What to work on: Search the records below for "upsert"; copy each line that has it.

Source information:

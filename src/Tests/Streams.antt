-- ===== src/Tests/Streams.antt =====
-- The stream commands and the consumer groups, on a stream of three entries with one group.
use burner_redis.Prelude.{
  ℕ, ◌+◌, ◌≡◌, ◌⊎◌, refl, true, false, none, some, [], ◌∷◌, if◌then◌else◌, arith, length,
}
use burner_redis.Prelude.Key.{bytes_key, stream_id_key, stream_id_discrete, bytes_discrete, among}
use burner_redis.Map
use burner_redis.Value.{
  Bytes, Stream, StreamId, ConsumerGroup, PendingEntry, stream, ok, err, wrong_type, is_expired,
}
use burner_redis.Store.{
  Data, Store, evict, write_entry, or_insert, expired_at, read, update, upsert,
}
use burner_redis.Store.View.{live}
use burner_redis.Streams.{xadd, xread, xtrim, xdel, xrange, xlen, next_stream_id, xdel_loop}
use burner_redis.Streams.Id.{id_ltb}
use burner_redis.Streams.Entries.{
  Fields, EntryMap, insert_entry, entries_after, entries_below, entries_within, trim_loop,
  remove_ids,
}
use burner_redis.Streams.Order.{is_ordered}
use burner_redis.Streams.View.{stream_view}
use burner_redis.Streams.Text.{format_stream_id, parse_stream_id, parse_stream_id-format_stream_id}
use burner_redis.Streams.Append.{XaddAppends, xadd_lem, xadd_explicit}
use burner_redis.Streams.Reading.{read_each, xread_lem, xread-xadd}
use burner_redis.Streams.Trim.{xtrim_lem, kept_of}
use burner_redis.Streams.Delete.{xdel_lem}
use burner_redis.Tests.Inputs.{permanent, table, group, a, five, m, s}

abbrev pub jobs : Bytes
jobs = b'j' ∷ []

abbrev pub fields : Fields
fields = (a, five) ∷ []

abbrev pub entries : EntryMap
entries = ((1, 0), fields) ∷ ((1, 1), fields) ∷ ((4, 0), fields) ∷ []

abbrev pub delivered_once : PendingEntry
delivered_once = record { delivery_time = 2; delivery_count = 1 }

-- The first entry is pending with `a`.
abbrev pub workers : ConsumerGroup
workers = record {
  last_delivered_id = (1, 0);
  consumers = (a, record { pending = ((1, 0), delivered_once) ∷ [] }) ∷ [];
}

abbrev pub log : Stream
log = record { entries = entries; last_id = (4, 0); groups = (group, workers) ∷ [] }

abbrev pub logged : Data
logged = (jobs, permanent (stream log)) ∷ (table, permanent (stream log)) ∷ m

abbrev pub store : Store
store = record s { data_map = logged }

unfoldable pub run : Unit {0}
unfolding Map.get Map.insert Map.remove Map.contains_key bytes_discrete stream_id_discrete
    is_expired live evict write_entry or_insert expired_at read update upsert xadd xread xtrim xdel
    xrange xlen next_stream_id insert_entry entries_after entries_below entries_within trim_loop
    remove_ids xdel_loop
run = tt

-- The clock is behind the last entry: the sequence number counts up.
xadd-behind : (xadd 3 2 jobs fields none store).0 ≡ ok (4, 1)
unfolding run
xadd-behind = refl

-- Its sequence number at the greatest of 64 bits wraps round, and XADD gives an identifier that is not
-- above the last one.
xadd-wraps :
    (xadd 3 2 jobs fields none
      (xadd 3 2 jobs fields (some (4, 18_446_744_073_709_551_615)) store).1).0
    ≡ ok (4, 0)
unfolding run
xadd-wraps = refl

-- A refused identifier leaves a new stream behind, without an entry.
xadd-refused : (xlen 3 five (xadd 3 2 five fields (some (0, 0)) store).1.data_map).0 ≡ ok 0
unfolding run
xadd-refused = refl

xadd-refused_key :
    Map.contains_key five (xadd 3 2 five fields (some (0, 0)) store).1.data_map ≡ true
unfolding run
xadd-refused_key = refl

xrange-jobs : (xrange 3 jobs (1, 1) (4, 0) (some 1) logged).0 ≡ ok (((1, 1), fields) ∷ [])
unfolding run
xrange-jobs = refl

xadd_lem_example :
    (i : StreamId) × (st' : Stream) × XaddAppends 3 2 jobs fields none store log i st'
unfolding run
xadd_lem_example = xadd_lem 3 2 jobs fields store log refl refl (omega arith)

xadd_explicit_example :
    ((st' : Stream) × XaddAppends 3 2 jobs fields (some (9, 9)) store log (9, 9) st')
    ⊎ ((id_ltb (4, 0) (9, 9) ≡ false)
        × ((xadd 3 2 jobs fields (some (9, 9)) store).0 ≡ err wrong_type)
        × (stream_view (live 3 jobs (xadd 3 2 jobs fields (some (9, 9)) store).1.data_map)
            ≡ some log))
unfolding run
xadd_explicit_example = xadd_explicit 3 2 jobs fields store log (9, 9) refl refl

xread_lem_example :
    (xread 3 ((jobs, (1, 0)) ∷ (five, (0, 0)) ∷ []) (some 1) logged).0
    ≡ read_each 3 ((jobs, (1, 0)) ∷ (five, (0, 0)) ∷ []) (some 1) logged
xread_lem_example = xread_lem 3 ((jobs, (1, 0)) ∷ (five, (0, 0)) ∷ []) (some 1) logged

xread-xadd_example :
    (i : StreamId) × ((xadd 3 2 jobs fields none store).0 ≡ ok i)
    × ((xread 3 ((jobs, (4, 0)) ∷ []) none (xadd 3 2 jobs fields none store).1.data_map).0
        ≡ ok ((jobs, (i, fields) ∷ []) ∷ []))
unfolding run
xread-xadd_example = xread-xadd 3 2 jobs fields store log refl refl (omega arith)

xtrim_lem_example :
    (n : ℕ) × (st' : Stream) × ((xtrim 3 jobs (some 2) (some (2, 0)) logged).0 ≡ ok n)
    × (stream_view (live 3 jobs (xtrim 3 jobs (some 2) (some (2, 0)) logged).1) ≡ some st')
    × (st' ≡ record log { entries = kept_of (some 2) (some (2, 0)) entries })
    × (n + length st'.entries ≡ 3)
    × (is_ordered st' ≡ true)
unfolding run
xtrim_lem_example = xtrim_lem 3 jobs (some 2) (some (2, 0)) logged log refl refl

xdel_lem_example :
    (n : ℕ) × (st' : Stream) × ((xdel 3 jobs ((1, 1) ∷ (7, 0) ∷ []) logged).0 ≡ ok n)
    × (stream_view (live 3 jobs (xdel 3 jobs ((1, 1) ∷ (7, 0) ∷ []) logged).1) ≡ some st')
    × ((i : StreamId)
        → Map.get i st'.entries
          ≡ (if among i ((1, 1) ∷ (7, 0) ∷ []) then none else Map.get i entries))
    × (n + length st'.entries ≡ 3)
    × (st'.last_id ≡ (4, 0))
    × (st'.groups ≡ log.groups)
    × (is_ordered st' ≡ true)
unfolding run
xdel_lem_example = xdel_lem 3 jobs ((1, 1) ∷ (7, 0) ∷ []) logged log refl refl

parse_stream_id-format_stream_id_example : parse_stream_id (format_stream_id (15, 3)) ≡ some (15, 3)
parse_stream_id-format_stream_id_example =
    parse_stream_id-format_stream_id (15, 3) (omega arith) (omega arith)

Reply:
  Data, Store, evict, write_entry, or_insert, expired_at, read, update, upsert,
    is_expired live evict write_entry or_insert expired_at read update upsert xadd xread xtrim xdel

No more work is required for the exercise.